So this is indeed not the same bug as bug 1547466, I retitled that one to clarify. It's much closer to http://debbugs.gnu.org/cgi/bugreport.cgi?bug=19985.

Revision history for this message
sudodus (nio-wiklund) wrote :

I see, so I should use the "C" locale, as that commonly means "I don't care about the encoding".

Thank you for this information :-)

ps/ The 'real' file was not broken, I made this test file with two encodings on purpose for testing. The real file was encoded as iso8859-1, while the default Swedish locale is sv_SE.UTF-8.

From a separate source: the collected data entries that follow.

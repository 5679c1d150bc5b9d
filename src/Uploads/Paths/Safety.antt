-- ===== src/Uploads/Paths/Safety.antt =====
-- What `sanitizeRelativePath` of modules/uploads/paths.ts lets through.
use local_cast.Base.{
  ◌≡◌, ◌≢◌, refl, sym, Bool, true, false, not, ◌||◌, Result-cases, inl, inr, List, [], ◌∷◌, Text,
  codes, text_eq, text_eq_iff, includes, arith, Result, ok, err, ◌>>◌, throw_if,
}
use local_cast.Contract.Errors.{ApiException, plain, path_escapes_root, bad_request}
use local_cast.Js.{split}
use local_cast.Js.Trim.{Without}
use local_cast.Uploads.Paths.{
  is_reserved, slashes, is_absolute, drop_empty, is_nil, is_forbidden, has_forbidden, strip_end,
  stem_of, join_slash, check_segment, check_segments, join_checked, sanitize_relative_path,
}
use local_cast.Uploads.Paths.Segments.{
  AllWithout, AllFilled, split-AllWithout, split-keeps, drop_empty-AllWithout, drop_empty-AllFilled,
  slashes-Without, slashes-keeps, Without-of_includes, includes_of_Without,
}

-- No character that Windows forbids in a name.
abbrev pub AllAllowed : Text → Type 0
AllAllowed [] = Unit
AllAllowed (c ∷ s) = (is_forbidden c ≡ false) × AllAllowed s

>>-ok {ℓ} :
    {B : Type ℓ} (m : Result (Unit {0})) (k : Result B) {b : B}
    → (m >> k) ≡ ok b
    → (m ≡ ok tt) × (k ≡ ok b)
>>-ok (ok u) k h = (refl, h)
>>-ok (err e) k h = absurd cc

throw_if-ok : (b : Bool) (e : ApiException) → throw_if b e ≡ ok tt → b ≡ false
throw_if-ok true e h = absurd cc
throw_if-ok false e h = refl

filled_of : (ws : List Text) → is_nil ws ≡ false → ws ≢ []
filled_of [] h = absurd cc
filled_of (w ∷ ws) h = λ e. cc

-- Five checks in a row pass when none of the tests holds.
module _ (a b c d e : Bool) (x y z u v : ApiException) where
  checks-ok :
      (throw_if a x >> (throw_if b y >> (throw_if c z >> (throw_if d u >> throw_if e v)))) ≡ ok tt
      → (a ≡ false) × (b ≡ false) × (c ≡ false) × (d ≡ false) × (e ≡ false)
  checks-ok h = ground arith

  checks_pass :
      a ≡ false
      → b ≡ false
      → c ≡ false
      → d ≡ false
      → e ≡ false
      → (throw_if a x >> (throw_if b y >> (throw_if c z >> (throw_if d u >> throw_if e v)))) ≡ ok tt
  checks_pass ha hb hc hd he = rw (ha, hb, hc, hd, he) refl

module _ (to_lower : Text → Text) where
  -- A segment that names an entry of its folder and nothing else.
  abbrev pub IsSafe : Text → Type 0
  IsSafe w =
      (w ≢ [])
      × (w ≢ codes ".")
      × (w ≢ codes "..")
      × Without b'/' w
      × Without 92 w
      × Without b':' w
      × Without 0 w
      × AllAllowed w
      × (strip_end w ≡ w)
      × (is_reserved (to_lower (stem_of w)) ≡ false)

  abbrev pub AllSafe : List Text → Type 0
  AllSafe [] = Unit
  AllSafe (w ∷ ws) = IsSafe w × AllSafe ws

  AllAllowed-of_has_forbidden : (w : Text) → has_forbidden w ≡ false → AllAllowed w
  unfolding has_forbidden
  AllAllowed-of_has_forbidden [] e = tt
  AllAllowed-of_has_forbidden (c ∷ w) e = ground (arith, AllAllowed-of_has_forbidden w)

  has_forbidden_of_AllAllowed : (w : Text) → AllAllowed w → has_forbidden w ≡ false
  unfolding has_forbidden
  has_forbidden_of_AllAllowed [] a = refl
  has_forbidden_of_AllAllowed (c ∷ w) (h, a) = ground (arith, has_forbidden_of_AllAllowed w a)

  check_segment-ok :
      (w : Text)
      → check_segment to_lower w ≡ ok tt
      → (w ≢ codes ".")
        × (w ≢ codes "..")
        × (includes b':' w ≡ false)
        × (has_forbidden w ≡ false)
        × (strip_end w ≡ w)
        × (is_reserved (to_lower (stem_of w)) ≡ false)
  unfolding check_segment
  check_segment-ok w h =
      let (dots, colon, forbidden, tidy, free) =
        checks-ok (text_eq w (codes ".") || text_eq w (codes "..")) (includes b':' w)
          (has_forbidden w) (not (text_eq w (strip_end w))) (is_reserved (to_lower (stem_of w)))
          (plain path_escapes_root) (plain path_escapes_root) (plain bad_request)
          (plain bad_request) (plain bad_request) h in
      (
        (λ k. ground (arith, (text_eq_iff w (codes ".")).1 k, dots)),
        (λ k. ground (arith, (text_eq_iff w (codes "..")).1 k, dots)),
        colon,
        forbidden,
        ground (arith, (text_eq_iff w (strip_end w)).0, tidy),
        free,
      )

  check_segment_of_IsSafe : (w : Text) → IsSafe w → check_segment to_lower w ≡ ok tt
  unfolding check_segment
  check_segment_of_IsSafe w (filled, one, two, slash, back, colon, nul, allowed, tidy, free) =
      let not_one : text_eq w (codes ".") ≡ false =
        ground (arith, (text_eq_iff w (codes ".")).0, one) in
      let not_two : text_eq w (codes "..") ≡ false =
        ground (arith, (text_eq_iff w (codes "..")).0, two) in
      checks_pass (text_eq w (codes ".") || text_eq w (codes "..")) (includes b':' w)
        (has_forbidden w) (not (text_eq w (strip_end w))) (is_reserved (to_lower (stem_of w)))
        (plain path_escapes_root) (plain path_escapes_root) (plain bad_request) (plain bad_request)
        (plain bad_request) (rw (not_one, not_two) refl) (includes_of_Without b':' w colon)
        (has_forbidden_of_AllAllowed w allowed)
        (rw ((text_eq_iff w (strip_end w)).1 (sym tidy)) refl) free

  check_segments-ok :
      (ws : List Text)
      → check_segments to_lower ws ≡ ok tt
      → AllFilled ws
      → AllWithout b'/' ws
      → AllWithout 92 ws
      → AllWithout 0 ws
      → AllSafe ws
  unfolding check_segments
  check_segments-ok [] h f a b c = tt
  check_segments-ok (w ∷ ws) h (f, fs) (a, more_a) (b, more_b) (c, more_c) =
      elim (Result-cases (check_segment to_lower w)) [
        | inl (e, bad) ↦ absurd (cc (rw bad at h))
        | inr (u, good) ↦
            let (one, two, colon, forbidden, tidy, free) = check_segment-ok w good in
            (
              (
                f,
                one,
                two,
                a,
                b,
                Without-of_includes b':' w colon,
                c,
                AllAllowed-of_has_forbidden w forbidden,
                tidy,
                free,
              ),
              check_segments-ok ws (rw good at h) fs more_a more_b more_c,
            )
      ]

  pub check_segments_of_AllSafe : (ws : List Text) → AllSafe ws → check_segments to_lower ws ≡ ok tt
  unfolding check_segments
  check_segments_of_AllSafe [] a = refl
  check_segments_of_AllSafe (w ∷ ws) (h, a) =
      rw (check_segment_of_IsSafe w h) (check_segments_of_AllSafe ws a)

  join_checked-ok :
      (ws : List Text) (y : Text)
      → join_checked to_lower ws ≡ ok y
      → (ws ≢ []) × (check_segments to_lower ws ≡ ok tt) × (join_slash ws ≡ y)
  unfolding join_checked
  join_checked-ok ws y h =
      let (some_ws, rest) =
        >>-ok (throw_if (is_nil ws) (plain bad_request))
          (check_segments to_lower ws >> ok (join_slash ws)) h in
      let (checked, joined) = >>-ok (check_segments to_lower ws) (ok (join_slash ws)) rest in
      (filled_of ws (throw_if-ok (is_nil ws) (plain bad_request) some_ws), checked, cc)

  sanitize_open :
      (input y : Text)
      → sanitize_relative_path to_lower input ≡ ok y
      → (includes 0 input ≡ false)
        × (is_absolute (slashes input) ≡ false)
        × (join_checked to_lower (drop_empty (split b'/' (slashes input))) ≡ ok y)
  unfolding sanitize_relative_path
  sanitize_open input y h =
      let joined = join_checked to_lower (drop_empty (split b'/' (slashes input))) in
      let absolute = throw_if (is_absolute (slashes input)) (plain path_escapes_root) in
      let (nul, rest) =
        >>-ok (throw_if (includes 0 input) (plain path_escapes_root)) (absolute >> joined) h in
      let (relative, last) = >>-ok absolute joined rest in
      (
        throw_if-ok (includes 0 input) (plain path_escapes_root) nul,
        throw_if-ok (is_absolute (slashes input)) (plain path_escapes_root) relative,
        last,
      )

  -- A path that is let through is one or more segments joined by slashes, each of which names an
  -- entry of its folder and nothing else: it is not empty and no dot segment, holds no separator, no
  -- colon, no null and no character that Windows forbids, does not end in a dot or a space, and is
  -- not one of the reserved names.
  pub sanitize-AllSafe :
      (input y : Text)
      → sanitize_relative_path to_lower input ≡ ok y
      → (ws : List Text) × (ws ≢ []) × AllSafe ws × (y ≡ join_slash ws)
  sanitize-AllSafe input y h =
      let (nul, _, joined) = sanitize_open input y h in
      let path = slashes input in
      let ws = drop_empty (split b'/' path) in
      let (some_ws, checked, e) = join_checked-ok ws y joined in
      (
        ws,
        some_ws,
        check_segments-ok ws checked (drop_empty-AllFilled (split b'/' path))
            (drop_empty-AllWithout b'/' (split b'/' path) (split-AllWithout b'/' path))
            (drop_empty-AllWithout 92 (split b'/' path)
              (split-keeps b'/' 92 path (slashes-Without input)))
            (drop_empty-AllWithout 0 (split b'/' path)
              (split-keeps b'/' 0 path (slashes-keeps input (Without-of_includes 0 input nul)))),
        sym e,
      )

I understand that grep works in another way now. one could say that it is more picky, but one could also consider this an improvement, that the file warns, that the file is somehow 'non-standard' /ds

Revision history for this message
teo1978 (teo8976) wrote :

> I see, so I should use the "C" locale,
> as that commonly means "I don't care about the encoding".

That is JUST A WORKAROUND that seems to work, but that shouldn't be needed. This is NOT the expected behavior.

> I understand that grep works in another way now.

Yeah, a wrong one because it has a bug. Which by the way appears to be fixed upstream.

Note that grepping an ISO-8859-file (containing non-ascii characters) with an UTF-8 locale will usually *but not always* reproduce the issue, so the behavior is not even consistent or predictable.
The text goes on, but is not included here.